There are some other warning signs of woo-wooism in the OP. One is the anonymous claim of expertise; a claim which is utterly unverifiable. Appeal to anonymous authority is every bit as invalid as appeal to no authority at all. Besides the impossibility of testing the author's claim, there's no reason to believe that a specialization in electronic warfare, which has historically been concerned with the interception of and interference with an enemy's signals and the protection of one's own from interception and inteference, implies expertise in the workings of aircraft control systems or the kind of specific product knowledge necessary to support a claim of the B767 being remotely controllable.

I'm a genuine expert on the inner workings of the SSL 9000K recording console. That doesn't qualify me to make expert pronouncements about the workings of something like a digital video switcher, although the general electronics knowledge involved in the former provides a headstart in learning about the latter, should I care to do so.

Appeal to inappropriate authority is as much a fallacy as appeal to anonymous authority, and on the Internet, nobody knows you're a dog.
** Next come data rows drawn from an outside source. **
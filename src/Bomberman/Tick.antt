-- ===== src/Bomberman/Tick.antt =====
-- `tickWorld` of src/games/bomberman/bomberman.logic.ts, what ends a game, and the standing.
use backend_htssclub.Base.{
  ℕ, suc, ◌+◌, min, Bool, false, not, ◌&&◌, ◌||◌, Option, none, some, List, [], ◌∷◌, ◌++◌, ltb, leb,
  ◌==◌, if◌then◌else◌, length, keep, map, reverse, contains,
}
use backend_htssclub.Bomberman.{
  BPlayer, Bomb, Flame, PowerUp, PowerType, bomb_power, flame_power, speed_power, BombermanState,
  Run, bomb_cap, flame_cap, speed_cap, speed_step, is_detonated, detonate_all,
}

-- `applyPower`
unfoldable pub apply_power : PowerType → BPlayer → BPlayer
apply_power bomb_power p = record p { max_bombs = min bomb_cap (p.max_bombs + 1) }
apply_power flame_power p = record p { flame = min flame_cap (p.flame + 1) }
apply_power speed_power p = record p { speed = min speed_cap (p.speed + speed_step) }

unfoldable pub find_powerup : ℕ → ℕ → List PowerUp → Option PowerUp
find_powerup c r [] = none
find_powerup c r (u ∷ us) = if u.col == c && u.row == r then some u else find_powerup c r us

-- `splice(pi, 1)`
unfoldable pub drop_powerup : ℕ → ℕ → List PowerUp → List PowerUp
drop_powerup c r [] = []
drop_powerup c r (u ∷ us) = if u.col == c && u.row == r then us else u ∷ drop_powerup c r us

-- One round of the loop over the players: the player, the power-ups left, and what was taken.
abbrev pub taken_by :
    BPlayer → Option PowerUp → List PowerUp → BPlayer × (List PowerUp × List (ℕ × PowerType))
taken_by p none us = (p, (us, []))
taken_by p (some u) us =
    (apply_power u.power p, (drop_powerup p.col p.row us, (p.seat, u.power) ∷ []))

unfoldable pub pick_up : BPlayer → List PowerUp → BPlayer × (List PowerUp × List (ℕ × PowerType))
pick_up p us = if p.alive then taken_by p (find_powerup p.col p.row us) us else (p, (us, []))

unfoldable pub pick_up_all :
    List BPlayer → List PowerUp → List BPlayer × (List PowerUp × List (ℕ × PowerType))
pick_up_all [] us = ([], (us, []))
pick_up_all (p ∷ ps) us =
    let (p', (left, took)) = pick_up p us in
    let (ps', (rest, later)) = pick_up_all ps left in (p' ∷ ps', (rest, took ++ later))

unfoldable pub on_fire : ℕ → ℕ → List Flame → Bool
on_fire c r [] = false
on_fire c r (f ∷ fs) = (f.col == c && f.row == r) || on_fire c r fs

abbrev pub dies : List Flame → BPlayer → Bool
dies fs p = p.alive && on_fire p.col p.row fs

unfoldable pub burn : List Flame → List BPlayer → List BPlayer
burn fs [] = []
burn fs (p ∷ ps) = (if dies fs p then record p { alive = false } else p) ∷ burn fs ps

-- The seats of those who die, in the order of the players,
unfoldable pub deaths : List Flame → List BPlayer → List ℕ
deaths fs [] = []
deaths fs (p ∷ ps) = let rest = deaths fs ps in if dies fs p then p.seat ∷ rest else rest

-- and each is put into the order of the deaths once.
unfoldable pub note_deaths : List ℕ → List ℕ → List ℕ
note_deaths [] order = order
note_deaths (s ∷ ss) order = note_deaths ss (if contains s order then order else order ++ s ∷ [])

abbrev pub due_bombs : ℕ → BombermanState → List Bomb
due_bombs now w = keep (λ (b : Bomb). leb b.fuse_at now) w.bombs

-- The first part of a tick: as much fuel as there are bombs, and one.
unfoldable pub explode : (ℕ → ℕ) → ℕ → BombermanState → Run
explode dice now w =
    detonate_all dice now (suc (length w.bombs)) (due_bombs now w)
      (record { state = w; detonated = []; bricks = []; starved = false })

abbrev pub left_after : Run → BombermanState
left_after o = record (o.state) {
  bombs = keep (λ (b : Bomb). not (is_detonated b.id o.detonated)) o.state.bombs;
}

-- With nothing due nothing explodes, and all bombs are left.
abbrev explosion_of : List Bomb → Run → Option Run
explosion_of [] o = none
explosion_of (b ∷ bs) o = some o

pub record TickResult : Type 0 where
  pub explosion : Option Run
  pub pickups : List (ℕ × PowerType)
  pub died : List ℕ
  pub state : BombermanState

-- `tickWorld`
unfoldable pub tick_world : (ℕ → ℕ) → ℕ → BombermanState → TickResult
tick_world dice now w =
    let o = explode dice now w in
    let exploded = left_after o in
    let flames = keep (λ (f : Flame). ltb now f.until) exploded.flames in
    let (players, (powerups, pickups)) = pick_up_all exploded.players exploded.powerups in
    let died = deaths flames players in
    record {
      explosion = explosion_of (due_bombs now w) o;
      pickups = pickups;
      died = died;
      state = record exploded {
        flames = flames;
        players = burn flames players;
        powerups = powerups;
        death_order = note_deaths died exploded.death_order;
      };
    }

-- `aliveCount`
unfoldable pub alive_count : BombermanState → ℕ
alive_count w = length (keep (λ (p : BPlayer). p.alive) w.players)

-- The seats from the best place to the worst, as `placements` numbers them.
unfoldable pub placement_order : BombermanState → List ℕ
placement_order w =
    map (λ (p : BPlayer). p.seat) (keep (λ (p : BPlayer). p.alive) w.players)
    ++ reverse w.death_order

-- `map.set(seat, i + 1)` for each place: the last one set for a seat counts.
unfoldable pub place_in : ℕ → ℕ → List ℕ → Option ℕ → Option ℕ
place_in s i [] found = found
place_in s i (t ∷ ts) found = place_in s (suc i) ts (if t == s then some (suc i) else found)

abbrev pub or_last : Option ℕ → ℕ → ℕ
or_last none n = n
or_last (some i) n = i

-- `placements`: the place of one seat; a seat that is not covered gets the last place.
unfoldable pub placement : BombermanState → ℕ → ℕ
placement w s = or_last (place_in s 0 (placement_order w) none) (length w.players)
Finally, the author appears to be confusing Airbus' design philosophy, which has encompassed true fly-by-wire systems in which the automatic controls are intended to overrule the pilot in circumstances where the designers think it appropriate, with Boeing's, which didn't produce a fly-by-wire airplane until the B777 and generally amounted to "we'll let the pilot do what he wants, but blare alarms at him if he does something risky".